You also don't see hot dipped galvanized nails, soldered copper flashings, 30lb (not#30) tar paper, lead stack flashings, etc.


----------



## Leftyho (Apr 12, 2009)

Hi,

Hot air rises. You can not short circut that. No matter how hard you try.

Hot air will rise.


----------



## Scuba_Dave (Jan 16, 2009)

Yeah, tell that to Mother Nature

I was at the MIL's house today
Strong wind blowing in - straight thru the gable
Strong enough to stop any air rising up thru the soffits
Real world.............:whistling2:


----------



## Leftyho (Apr 12, 2009)

Hi,

The hot air will rise. Mother nature says so.


----------



## Scuba_Dave (Jan 16, 2009)

Mother Nature said it wasn't happening with the wind coming in the gable


----------



## PerpetuallyRepairing (Apr 7, 2008)

Prevailing winds can either help or hinder hot air rising. It depends upon the geometry of the house and the vents. According to pressure plots I have seen for houses, I would think it would be more of an issue for inlet vents (soffit vents) than outlet vents on or near a ridge. In any event wind is rather transient.

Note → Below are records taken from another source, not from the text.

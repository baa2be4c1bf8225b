-- ===== src/Reactor/Delivery/Arrival.antt =====
-- From an event of a connection to the tasks of the application.
use server_dev_lib.Base.{
  ℕ, ◌+◌, ◌-◌, ◌≤◌, ◌<◌, ◌≡◌, ◌≢◌, refl, ap, ◌∙◌, Bool, true, false, not, Option, none, some, List,
  [], ◌++◌, length, take, Bool-cases, inl, inr,
}
use server_dev_lib.Base.Map.{lookup, update, lookup-update_same}
use server_dev_lib.Base.Int.{ℤ, int_eq}
use server_dev_lib.Reactor.Channel.{
  Channel, Socket, Reserve, Effect, buf_size, substr, read_loop, read_end, closing_effects,
  disable_receive, disable_send, get_received_data,
}
use server_dev_lib.Reactor.Channel.Honest.{IsHonest}
use server_dev_lib.Reactor.Channel.Receive.{read-result}
use server_dev_lib.Reactor.Channel.Shown.{substr-shown}
use server_dev_lib.Reactor.Channel.Ending.{Never, EndsWith, read_loop-EndsWith}
use server_dev_lib.Reactor.Channel.Total.{loop-Ended}
use server_dev_lib.Reactor.Dispatcher.{Events, is_unexpected}
use server_dev_lib.Reactor.EventsHandler.{handle-reads}
use server_dev_lib.Reactor.Notification.{Waiting, notify_data_ready, notify_close}
use server_dev_lib.Reactor.Delivery.{Center, notified, on_event, handle_ready}
use server_dev_lib.Reactor.Delivery.Handed.{IsKeyed, bytes_for, held, held_lem, store-IsKeyed}
use server_dev_lib.Reactor.Delivery.Due.{has_due-notify}
use server_dev_lib.Reactor.Delivery.Kept.{handle_drains, handle_idle}

-- What the callbacks of `Read` do to the ready states.
told : Bool → ℤ → Waiting → Waiting
told true fd m = notify_close fd m
told false fd m = notify_data_ready fd m

read_end-told :
    (has_cb at_eof : Bool) (c : Channel) (fd : ℤ) (m : Waiting)
    → notified fd (read_end has_cb true c at_eof).1 m ≡ told at_eof fd m
unfolding read_end closing_effects notified told disable_receive disable_send
read_end-told true true c fd m = elim (Bool-cases c.active) [
  | inl on ↦ rw on refl
  | inr off ↦ rw off refl
]
read_end-told false true c fd m = elim (Bool-cases c.active) [
  | inl on ↦ rw on refl
  | inr off ↦ rw off refl
]
read_end-told true false c fd m = refl
read_end-told false false c fd m = refl

read_end-fd : (has_cb at_eof : Bool) (c : Channel) → (read_end has_cb true c at_eof).0.fd ≡ c.fd
unfolding read_end
read_end-fd has_cb true c = refl
read_end-fd has_cb false c = refl

other_way : (b d : Bool) → d ≢ b → d ≡ not b
other_way true true h = absurd (h refl)
other_way true false h = refl
other_way false true h = refl
other_way false false h = absurd (h refl)

answered :
    {S : Type 0} → ℤ → Center → Option (Channel × S × List Effect) → Option (Channel × Center × S)
answered fd r none = none
answered fd r (some (c', s', es)) = some (
  c',
  record r { channels = update fd (λ old. c') r.channels; waiting = notified c'.fd es r.waiting },
  s',
)

module _ {S : Type 0} {socket : Socket S} (string : Reserve) {pending : S → List ℕ}
    (honest : IsHonest socket pending) where
  -- An event with input, when the loop of `Read` ends.
  on_event_lem :
      (fuel : ℕ) (has_cb has_sent : Bool) (e : Events) (fd : ℤ) (c c1 : Channel) (s s1 : S)
      (r : Center) (at_eof : Bool)
      → c.active ≡ true
      → is_unexpected e ≡ false
      → e.input ≡ true
      → c1.fd ≡ fd
      → read_loop socket string fuel c s 0 (length c.received - c.received_count)
        ≡ some (c1, s1, at_eof)
      → on_event socket string fuel has_cb has_sent e fd c s r
        ≡ some (
          (read_end has_cb true c1 at_eof).0,
          record r {
            channels = update fd (λ old. (read_end has_cb true c1 at_eof).0) r.channels;
            waiting = told at_eof fd r.waiting;
          },
          s1,
        )
  unfolding on_event answered
  on_event_lem fuel has_cb has_sent e fd c c1 s s1 r at_eof on plain input same_fd looped =
      let (c2, es) = read_end has_cb true c1 at_eof in
      let here : c2.fd ≡ fd = read_end-fd has_cb at_eof c1 ∙ same_fd in
      ap (answered fd r) (handle-reads socket string fuel has_cb true has_sent e c s on plain input)
      ∙ ap (answered fd r) (read-result string honest fuel has_cb true c c1 s s1 at_eof on looped)
      ∙ ap
          (λ w.
            some (c2, record r { channels = update fd (λ old. c2) r.channels; waiting = w }, s1))
          (ap (λ i. notified i es r.waiting) here ∙ read_end-told has_cb at_eof c1 fd r.waiting)

  -- A loop that does not end in one way ends in the other.
  loop_ends :
      (b : Bool)
      → Never socket b
      → (fuel : ℕ) (c : Channel) (s : S) (c1 : Channel) (s1 : S) (at_eof : Bool)
      → read_loop socket string fuel c s 0 (length c.received - c.received_count)
        ≡ some (c1, s1, at_eof)
      → read_loop socket string fuel c s 0 (length c.received - c.received_count)
        ≡ some (c1, s1, not b)
  unfolding EndsWith
  loop_ends b never fuel c s c1 s1 at_eof looped =
      looped
      ∙ ap (λ d. some (c1, s1, d))
          (other_way b at_eof (
            read_loop-EndsWith socket string b never fuel c s 0
              (length c.received - c.received_count) c1 s1 at_eof looped))

  -- An event with input on an active channel, over a socket that does not block, with a block of at
  -- least the size of the string and more fuel than pending bytes, when no read reports the end of
  -- the stream and every channel stands under its descriptor; and then a pass of `HandleReadyData`:
  -- the event is handled, nothing stays pending, and the tasks of the connection have got what was
  -- counted and what was pending, in order, up to the size of the string, and nothing else.
  pub arrival_lem :
      (fuel : ℕ) (has_cb has_sent : Bool) (e : Events) (fd : ℤ) (c : Channel) (s : S) (r : Center)
      → IsKeyed r.channels
      → lookup fd r.channels ≡ some c
      → c.active ≡ true
      → is_unexpected e ≡ false
      → e.input ≡ true
      → length (pending s) < fuel
      → c.received_count ≤ length c.received
      → buf_size ≤ length c.received
      → Never socket true
      → (c' : Channel) × (r' : Center) × (s' : S) × (on_event socket string fuel has_cb has_sent e
            fd c s r
          ≡ some (c', r', s'))
        × (bytes_for fd (handle_ready r').tasks
            ≡ bytes_for fd r.tasks ++ take buf_size (take c.received_count c.received ++ pending s))
        × (pending s' ≡ [])
  unfolding read_end told IsKeyed
  arrival_lem fuel has_cb has_sent e fd c s r keyed found on plain input f fits block never =
      let x = loop-Ended string honest fuel c s f fits block in
      let c1 = x.channel in
      let all = take c.received_count c.received ++ pending s in
      let r' : Center = record r {
        channels = update fd (λ old. c1) r.channels;
        waiting = notify_data_ready fd r.waiting;
      } in
      let looped = loop_ends true never fuel c s x.channel x.rest x.at_eof x.result in
      let shows : held c1 ≡ take buf_size all =
        held_lem c1 (x.still ∙ on)
        ∙ ap (substr c1.received) x.counted
        ∙ substr-shown c1.received all (c.received_count + length (pending s)) x.seen in
      (
        c1,
        r',
        x.rest,
        on_event_lem fuel has_cb has_sent e fd c c1 s x.rest r false on plain input
            (x.same_fd ∙ keyed fd c found) looped,
        handle_drains fd c1 r' (store-IsKeyed fd c c1 r.channels found x.same_fd keyed)
              (lookup-update_same fd (λ old. c1) r.channels c found) (has_due-notify fd r.waiting)
            ∙ ap (λ b. bytes_for fd r.tasks ++ b) shows,
        x.drained,
      )

  -- The same event when the stream ends behind what is pending: a pass of `HandleReadyData` then puts
  -- no byte of the connection into a task, whatever was counted or pending.
  pub closing_loses :
      (fuel : ℕ) (has_cb has_sent : Bool) (e : Events) (fd : ℤ) (c : Channel) (s : S) (r : Center)
      → IsKeyed r.channels
      → lookup fd r.channels ≡ some c
      → c.active ≡ true
      → is_unexpected e ≡ false
      → e.input ≡ true
      → length (pending s) < fuel
      → c.received_count ≤ length c.received
      → buf_size ≤ length c.received
      → Never socket false
      → (c' : Channel) × (r' : Center) × (s' : S) × (on_event socket string fuel has_cb has_sent e
            fd c s r
          ≡ some (c', r', s'))
        × (bytes_for fd (handle_ready r').tasks ≡ bytes_for fd r.tasks)
        × (pending s' ≡ [])
  unfolding read_end told IsKeyed get_received_data
  closing_loses fuel has_cb has_sent e fd c s r keyed found on plain input f fits block never =
      let x = loop-Ended string honest fuel c s f fits block in
      let c1 : Channel = record x.channel { active = false } in
      let r' : Center = record r {
        channels = update fd (λ old. c1) r.channels;
        waiting = notify_close fd r.waiting;
      } in
      let looped = loop_ends false never fuel c s x.channel x.rest x.at_eof x.result in
      (
        c1,
        r',
        x.rest,
        on_event_lem fuel has_cb has_sent e fd c x.channel s x.rest r true on plain input
            (x.same_fd ∙ keyed fd c found) looped,
        handle_idle fd c1 r' (store-IsKeyed fd c c1 r.channels found x.same_fd keyed)
            (lookup-update_same fd (λ old. c1) r.channels c found) refl,
        x.drained,
      )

Based on the water stains I have on my ridge vents and what I have read about gable vents, you can get water coming in with either one.


----------



## Ed the Roofer (Jan 27, 2007)

PerpetuallyRepairing said:


> Prevailing winds can either help or hinder hot air rising. It depends upon the geometry of the house and the vents. According to pressure plots I have seen for houses, I would think it would be more of an issue for inlet vents (soffit vents) than outlet vents on or near a ridge. In any event wind is rather transient.
> 
> *Based on the water stains I have on my ridge vents* and what I have read about gable vents, you can get water coming in with either one.


That may be due to the Ridge Vent product that your contractor used, did not have any external baffles to deflect the wind and also to pull air out of the attic, when having the wind direction slightly changed.

I would think that it would be reasonable to surmise that any potential influx of rain getting directed Into the ridge vents currently, would be blowing perpindicular to the ridge vent location, rather than parallel to the ridge line, so the External Baffles would seem to make sense.

Ed


----------



## Leftyho (Apr 12, 2009)

Hi,

Like was said. *Wind can either help or hinder hot air from rising.*

It will not stop it. 

I have had to install plastic walls to get the flow to be ideal. 

Hot air will rise without intake ventilation. You can not stop hot air from rising.

Conditions will help or hinder.


----------



## Scuba_Dave (Jan 16, 2009)

And why would you want to install a gable & hinder the rise of hot air??


----------